> _REQUIRED ACTION_: From the listing below, copy each line that contains the word "Bool".

> _DATA SECTION_:
Content starts
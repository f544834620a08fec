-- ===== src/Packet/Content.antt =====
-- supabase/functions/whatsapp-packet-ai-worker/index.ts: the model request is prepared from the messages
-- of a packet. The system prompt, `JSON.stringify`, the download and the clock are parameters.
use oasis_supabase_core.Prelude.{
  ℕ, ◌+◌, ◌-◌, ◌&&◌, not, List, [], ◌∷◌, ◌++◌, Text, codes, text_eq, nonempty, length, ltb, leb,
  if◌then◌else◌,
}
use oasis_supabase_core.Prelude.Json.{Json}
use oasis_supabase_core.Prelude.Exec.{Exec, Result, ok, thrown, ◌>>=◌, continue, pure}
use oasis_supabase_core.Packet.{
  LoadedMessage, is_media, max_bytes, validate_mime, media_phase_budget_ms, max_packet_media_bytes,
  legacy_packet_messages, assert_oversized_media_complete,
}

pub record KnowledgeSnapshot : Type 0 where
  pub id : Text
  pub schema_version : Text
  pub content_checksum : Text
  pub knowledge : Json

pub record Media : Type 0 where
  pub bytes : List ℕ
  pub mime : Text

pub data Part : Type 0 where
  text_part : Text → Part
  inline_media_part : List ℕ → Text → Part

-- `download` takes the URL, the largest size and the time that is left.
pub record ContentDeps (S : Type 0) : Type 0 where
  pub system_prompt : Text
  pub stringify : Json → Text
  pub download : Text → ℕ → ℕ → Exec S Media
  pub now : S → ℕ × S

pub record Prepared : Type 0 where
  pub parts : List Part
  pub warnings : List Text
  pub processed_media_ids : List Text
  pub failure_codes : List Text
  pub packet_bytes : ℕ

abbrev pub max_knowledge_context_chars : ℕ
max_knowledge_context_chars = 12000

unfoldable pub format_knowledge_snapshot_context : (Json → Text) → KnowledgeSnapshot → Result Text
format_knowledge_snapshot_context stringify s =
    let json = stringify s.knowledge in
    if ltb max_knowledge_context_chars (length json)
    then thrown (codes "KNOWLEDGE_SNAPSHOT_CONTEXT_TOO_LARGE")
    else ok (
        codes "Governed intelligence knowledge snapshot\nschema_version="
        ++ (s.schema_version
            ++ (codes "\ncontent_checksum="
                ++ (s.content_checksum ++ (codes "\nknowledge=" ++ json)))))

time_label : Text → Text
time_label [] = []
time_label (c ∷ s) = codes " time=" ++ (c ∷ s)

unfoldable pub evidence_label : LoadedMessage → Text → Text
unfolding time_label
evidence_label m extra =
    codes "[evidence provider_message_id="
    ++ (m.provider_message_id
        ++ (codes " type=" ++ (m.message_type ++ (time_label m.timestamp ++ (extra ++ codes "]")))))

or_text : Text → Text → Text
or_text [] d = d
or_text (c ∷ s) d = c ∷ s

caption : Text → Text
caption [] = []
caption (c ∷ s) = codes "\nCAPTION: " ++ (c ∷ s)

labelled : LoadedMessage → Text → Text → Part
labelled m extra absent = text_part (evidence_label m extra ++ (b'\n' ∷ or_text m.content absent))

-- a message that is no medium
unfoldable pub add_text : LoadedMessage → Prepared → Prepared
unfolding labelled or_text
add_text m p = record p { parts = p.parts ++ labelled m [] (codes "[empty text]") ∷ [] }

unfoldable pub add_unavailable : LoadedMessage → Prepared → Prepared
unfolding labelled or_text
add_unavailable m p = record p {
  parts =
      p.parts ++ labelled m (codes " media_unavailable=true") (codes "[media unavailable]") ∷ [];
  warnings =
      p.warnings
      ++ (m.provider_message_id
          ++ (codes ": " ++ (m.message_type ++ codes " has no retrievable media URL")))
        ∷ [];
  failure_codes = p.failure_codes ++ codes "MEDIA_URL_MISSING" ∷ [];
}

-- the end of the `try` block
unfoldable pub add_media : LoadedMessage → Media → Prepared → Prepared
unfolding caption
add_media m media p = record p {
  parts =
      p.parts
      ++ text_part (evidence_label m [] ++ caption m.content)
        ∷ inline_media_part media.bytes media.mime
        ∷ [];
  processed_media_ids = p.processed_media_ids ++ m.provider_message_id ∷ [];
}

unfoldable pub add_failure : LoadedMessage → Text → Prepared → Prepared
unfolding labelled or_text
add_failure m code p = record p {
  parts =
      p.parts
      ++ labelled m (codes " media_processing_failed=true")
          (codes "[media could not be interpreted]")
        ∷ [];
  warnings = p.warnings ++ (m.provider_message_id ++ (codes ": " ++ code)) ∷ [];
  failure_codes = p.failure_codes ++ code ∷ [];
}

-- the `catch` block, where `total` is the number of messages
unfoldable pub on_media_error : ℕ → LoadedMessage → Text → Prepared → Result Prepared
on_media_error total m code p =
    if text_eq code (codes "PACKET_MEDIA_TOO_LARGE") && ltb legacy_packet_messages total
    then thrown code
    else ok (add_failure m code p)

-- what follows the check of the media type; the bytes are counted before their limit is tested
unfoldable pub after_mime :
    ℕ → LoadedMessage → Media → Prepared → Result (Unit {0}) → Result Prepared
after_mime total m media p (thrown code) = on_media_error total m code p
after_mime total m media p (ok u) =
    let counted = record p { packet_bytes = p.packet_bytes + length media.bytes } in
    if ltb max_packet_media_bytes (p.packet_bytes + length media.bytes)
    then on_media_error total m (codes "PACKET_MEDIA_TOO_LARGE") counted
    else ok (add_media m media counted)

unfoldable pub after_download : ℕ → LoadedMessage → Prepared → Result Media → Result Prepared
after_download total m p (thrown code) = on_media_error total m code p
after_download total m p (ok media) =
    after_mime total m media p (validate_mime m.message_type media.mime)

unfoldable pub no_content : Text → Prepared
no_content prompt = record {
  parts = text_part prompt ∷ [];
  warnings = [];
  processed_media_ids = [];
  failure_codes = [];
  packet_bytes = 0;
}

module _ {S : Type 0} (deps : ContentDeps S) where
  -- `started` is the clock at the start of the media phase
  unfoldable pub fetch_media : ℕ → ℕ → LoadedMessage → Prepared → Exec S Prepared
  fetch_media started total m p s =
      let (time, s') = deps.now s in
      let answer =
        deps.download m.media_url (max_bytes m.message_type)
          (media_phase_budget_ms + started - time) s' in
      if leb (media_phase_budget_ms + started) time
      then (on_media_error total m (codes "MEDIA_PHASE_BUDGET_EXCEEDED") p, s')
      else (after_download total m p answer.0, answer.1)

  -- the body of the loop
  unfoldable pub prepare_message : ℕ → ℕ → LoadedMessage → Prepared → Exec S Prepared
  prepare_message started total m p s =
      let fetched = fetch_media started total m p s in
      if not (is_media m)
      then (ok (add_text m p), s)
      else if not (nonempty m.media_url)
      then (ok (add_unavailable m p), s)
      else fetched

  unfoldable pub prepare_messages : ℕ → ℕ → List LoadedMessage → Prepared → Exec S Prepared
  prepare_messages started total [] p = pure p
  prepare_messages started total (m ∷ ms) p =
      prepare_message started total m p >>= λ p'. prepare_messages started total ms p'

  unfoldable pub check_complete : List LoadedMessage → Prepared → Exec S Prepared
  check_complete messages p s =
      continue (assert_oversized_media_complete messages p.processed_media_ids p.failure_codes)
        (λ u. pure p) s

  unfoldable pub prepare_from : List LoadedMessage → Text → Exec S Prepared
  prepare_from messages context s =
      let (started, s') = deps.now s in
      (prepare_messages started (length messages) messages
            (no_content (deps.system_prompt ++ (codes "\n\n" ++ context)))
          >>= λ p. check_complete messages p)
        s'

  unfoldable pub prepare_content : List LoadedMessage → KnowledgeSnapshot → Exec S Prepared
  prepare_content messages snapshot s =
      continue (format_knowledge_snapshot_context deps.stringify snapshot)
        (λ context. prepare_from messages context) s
Content ends
Content starts
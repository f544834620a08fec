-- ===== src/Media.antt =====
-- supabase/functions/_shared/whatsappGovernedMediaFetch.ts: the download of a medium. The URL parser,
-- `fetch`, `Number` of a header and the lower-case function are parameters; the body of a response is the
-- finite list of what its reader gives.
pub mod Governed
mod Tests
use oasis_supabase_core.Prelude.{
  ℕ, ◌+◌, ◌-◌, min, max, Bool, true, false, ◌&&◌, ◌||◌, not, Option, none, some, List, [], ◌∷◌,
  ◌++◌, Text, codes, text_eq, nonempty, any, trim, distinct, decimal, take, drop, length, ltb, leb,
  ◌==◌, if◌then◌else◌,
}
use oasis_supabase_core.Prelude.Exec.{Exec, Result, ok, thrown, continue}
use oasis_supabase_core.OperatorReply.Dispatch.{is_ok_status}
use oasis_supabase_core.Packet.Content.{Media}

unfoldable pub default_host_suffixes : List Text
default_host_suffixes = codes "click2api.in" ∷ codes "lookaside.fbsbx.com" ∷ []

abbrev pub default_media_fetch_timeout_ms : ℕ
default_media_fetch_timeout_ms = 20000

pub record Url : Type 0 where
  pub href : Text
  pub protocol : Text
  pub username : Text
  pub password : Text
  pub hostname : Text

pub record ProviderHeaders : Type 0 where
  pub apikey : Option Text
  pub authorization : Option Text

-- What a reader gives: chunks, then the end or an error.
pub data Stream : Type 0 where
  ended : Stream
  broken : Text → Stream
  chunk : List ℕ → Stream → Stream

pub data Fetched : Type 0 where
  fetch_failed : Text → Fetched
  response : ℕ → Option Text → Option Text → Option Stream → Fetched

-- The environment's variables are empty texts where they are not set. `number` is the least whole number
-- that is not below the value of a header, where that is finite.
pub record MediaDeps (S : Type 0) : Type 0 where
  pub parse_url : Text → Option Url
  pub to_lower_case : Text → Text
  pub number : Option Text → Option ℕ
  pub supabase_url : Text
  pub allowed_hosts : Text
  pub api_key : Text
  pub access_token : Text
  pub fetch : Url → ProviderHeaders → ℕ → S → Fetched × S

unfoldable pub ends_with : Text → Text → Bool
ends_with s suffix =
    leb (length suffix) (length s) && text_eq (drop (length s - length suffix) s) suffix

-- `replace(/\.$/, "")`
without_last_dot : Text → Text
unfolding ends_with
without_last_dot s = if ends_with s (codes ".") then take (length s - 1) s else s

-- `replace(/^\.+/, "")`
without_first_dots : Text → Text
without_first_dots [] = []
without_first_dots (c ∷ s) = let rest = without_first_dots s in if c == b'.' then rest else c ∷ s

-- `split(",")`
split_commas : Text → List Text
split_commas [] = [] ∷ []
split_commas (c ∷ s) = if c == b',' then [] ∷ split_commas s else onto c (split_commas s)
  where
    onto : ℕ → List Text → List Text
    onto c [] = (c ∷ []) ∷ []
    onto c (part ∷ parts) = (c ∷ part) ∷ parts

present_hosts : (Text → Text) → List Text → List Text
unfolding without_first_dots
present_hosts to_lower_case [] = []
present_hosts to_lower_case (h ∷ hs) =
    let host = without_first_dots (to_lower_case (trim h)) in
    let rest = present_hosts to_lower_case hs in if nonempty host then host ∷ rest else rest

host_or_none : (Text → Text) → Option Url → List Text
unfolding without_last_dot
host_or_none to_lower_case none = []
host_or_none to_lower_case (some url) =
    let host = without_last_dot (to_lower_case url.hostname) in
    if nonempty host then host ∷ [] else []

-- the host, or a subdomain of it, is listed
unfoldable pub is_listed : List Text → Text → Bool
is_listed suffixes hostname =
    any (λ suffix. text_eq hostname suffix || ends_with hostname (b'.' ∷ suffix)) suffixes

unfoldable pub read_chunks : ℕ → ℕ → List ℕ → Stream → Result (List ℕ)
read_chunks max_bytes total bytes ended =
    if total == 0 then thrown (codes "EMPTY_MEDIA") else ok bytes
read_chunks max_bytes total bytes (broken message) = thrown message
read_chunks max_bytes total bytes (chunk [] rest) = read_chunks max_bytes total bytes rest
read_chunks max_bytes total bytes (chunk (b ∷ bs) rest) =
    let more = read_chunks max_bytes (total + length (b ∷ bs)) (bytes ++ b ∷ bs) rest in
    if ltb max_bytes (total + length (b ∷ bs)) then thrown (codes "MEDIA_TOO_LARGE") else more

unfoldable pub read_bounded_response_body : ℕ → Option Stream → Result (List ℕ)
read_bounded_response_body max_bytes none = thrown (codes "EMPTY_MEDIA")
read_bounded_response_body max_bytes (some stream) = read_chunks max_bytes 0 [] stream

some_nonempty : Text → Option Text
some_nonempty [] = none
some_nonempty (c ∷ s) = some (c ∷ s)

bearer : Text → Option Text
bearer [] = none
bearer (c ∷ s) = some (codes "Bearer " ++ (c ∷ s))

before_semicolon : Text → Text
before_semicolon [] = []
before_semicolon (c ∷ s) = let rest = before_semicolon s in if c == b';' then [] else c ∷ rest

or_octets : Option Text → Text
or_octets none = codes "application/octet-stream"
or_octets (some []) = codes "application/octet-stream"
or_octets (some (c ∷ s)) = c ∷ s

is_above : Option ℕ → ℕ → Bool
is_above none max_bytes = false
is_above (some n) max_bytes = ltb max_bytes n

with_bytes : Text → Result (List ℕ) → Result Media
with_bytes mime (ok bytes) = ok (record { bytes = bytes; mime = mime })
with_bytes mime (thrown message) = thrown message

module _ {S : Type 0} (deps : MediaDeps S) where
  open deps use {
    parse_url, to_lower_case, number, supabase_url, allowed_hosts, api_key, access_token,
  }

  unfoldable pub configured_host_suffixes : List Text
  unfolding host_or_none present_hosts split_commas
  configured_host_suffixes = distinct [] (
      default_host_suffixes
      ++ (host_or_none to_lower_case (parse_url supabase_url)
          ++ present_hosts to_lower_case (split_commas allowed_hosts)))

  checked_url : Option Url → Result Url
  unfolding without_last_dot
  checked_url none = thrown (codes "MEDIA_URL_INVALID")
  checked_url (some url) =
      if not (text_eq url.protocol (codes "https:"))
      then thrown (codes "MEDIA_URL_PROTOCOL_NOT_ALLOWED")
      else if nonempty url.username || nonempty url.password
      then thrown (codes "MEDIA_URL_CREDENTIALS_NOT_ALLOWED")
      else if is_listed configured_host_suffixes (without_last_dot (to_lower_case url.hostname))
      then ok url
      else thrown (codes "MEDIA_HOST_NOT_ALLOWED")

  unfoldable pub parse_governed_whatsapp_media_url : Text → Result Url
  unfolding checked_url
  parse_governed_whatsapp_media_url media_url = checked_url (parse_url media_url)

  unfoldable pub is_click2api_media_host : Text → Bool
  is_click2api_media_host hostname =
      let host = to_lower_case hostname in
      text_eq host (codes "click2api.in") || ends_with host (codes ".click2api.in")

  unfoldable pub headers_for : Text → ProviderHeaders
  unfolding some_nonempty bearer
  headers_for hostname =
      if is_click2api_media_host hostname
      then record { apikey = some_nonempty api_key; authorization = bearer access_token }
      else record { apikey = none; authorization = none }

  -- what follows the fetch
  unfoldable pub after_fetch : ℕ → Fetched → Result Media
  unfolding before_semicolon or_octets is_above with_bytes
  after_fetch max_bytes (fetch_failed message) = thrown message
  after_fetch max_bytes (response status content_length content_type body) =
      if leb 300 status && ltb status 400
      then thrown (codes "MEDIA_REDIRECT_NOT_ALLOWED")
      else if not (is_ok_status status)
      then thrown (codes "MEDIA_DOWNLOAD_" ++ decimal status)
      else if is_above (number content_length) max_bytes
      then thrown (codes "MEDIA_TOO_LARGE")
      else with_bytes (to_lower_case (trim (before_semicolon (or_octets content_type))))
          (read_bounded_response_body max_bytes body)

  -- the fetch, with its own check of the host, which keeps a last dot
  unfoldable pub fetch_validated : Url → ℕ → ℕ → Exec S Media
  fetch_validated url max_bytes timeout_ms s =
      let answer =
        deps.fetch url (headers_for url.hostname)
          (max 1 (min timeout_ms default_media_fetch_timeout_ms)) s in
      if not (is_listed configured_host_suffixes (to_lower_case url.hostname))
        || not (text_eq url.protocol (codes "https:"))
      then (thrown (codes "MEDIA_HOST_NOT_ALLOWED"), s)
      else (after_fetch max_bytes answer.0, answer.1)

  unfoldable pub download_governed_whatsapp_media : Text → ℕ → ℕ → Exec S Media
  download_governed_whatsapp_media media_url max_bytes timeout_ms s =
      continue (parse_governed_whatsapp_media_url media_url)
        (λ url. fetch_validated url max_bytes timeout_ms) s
Content ends
> _WRITTEN SOLUTION_:
  ℕ, ◌+◌, ◌-◌, min, max, Bool, true, false, ◌&&◌, ◌||◌, not, Option, none, some, List, [], ◌∷◌,
unfoldable pub ends_with : Text → Text → Bool
unfoldable pub is_listed : List Text → Text → Bool
is_above : Option ℕ → ℕ → Bool
  unfoldable pub is_click2api_media_host : Text → Bool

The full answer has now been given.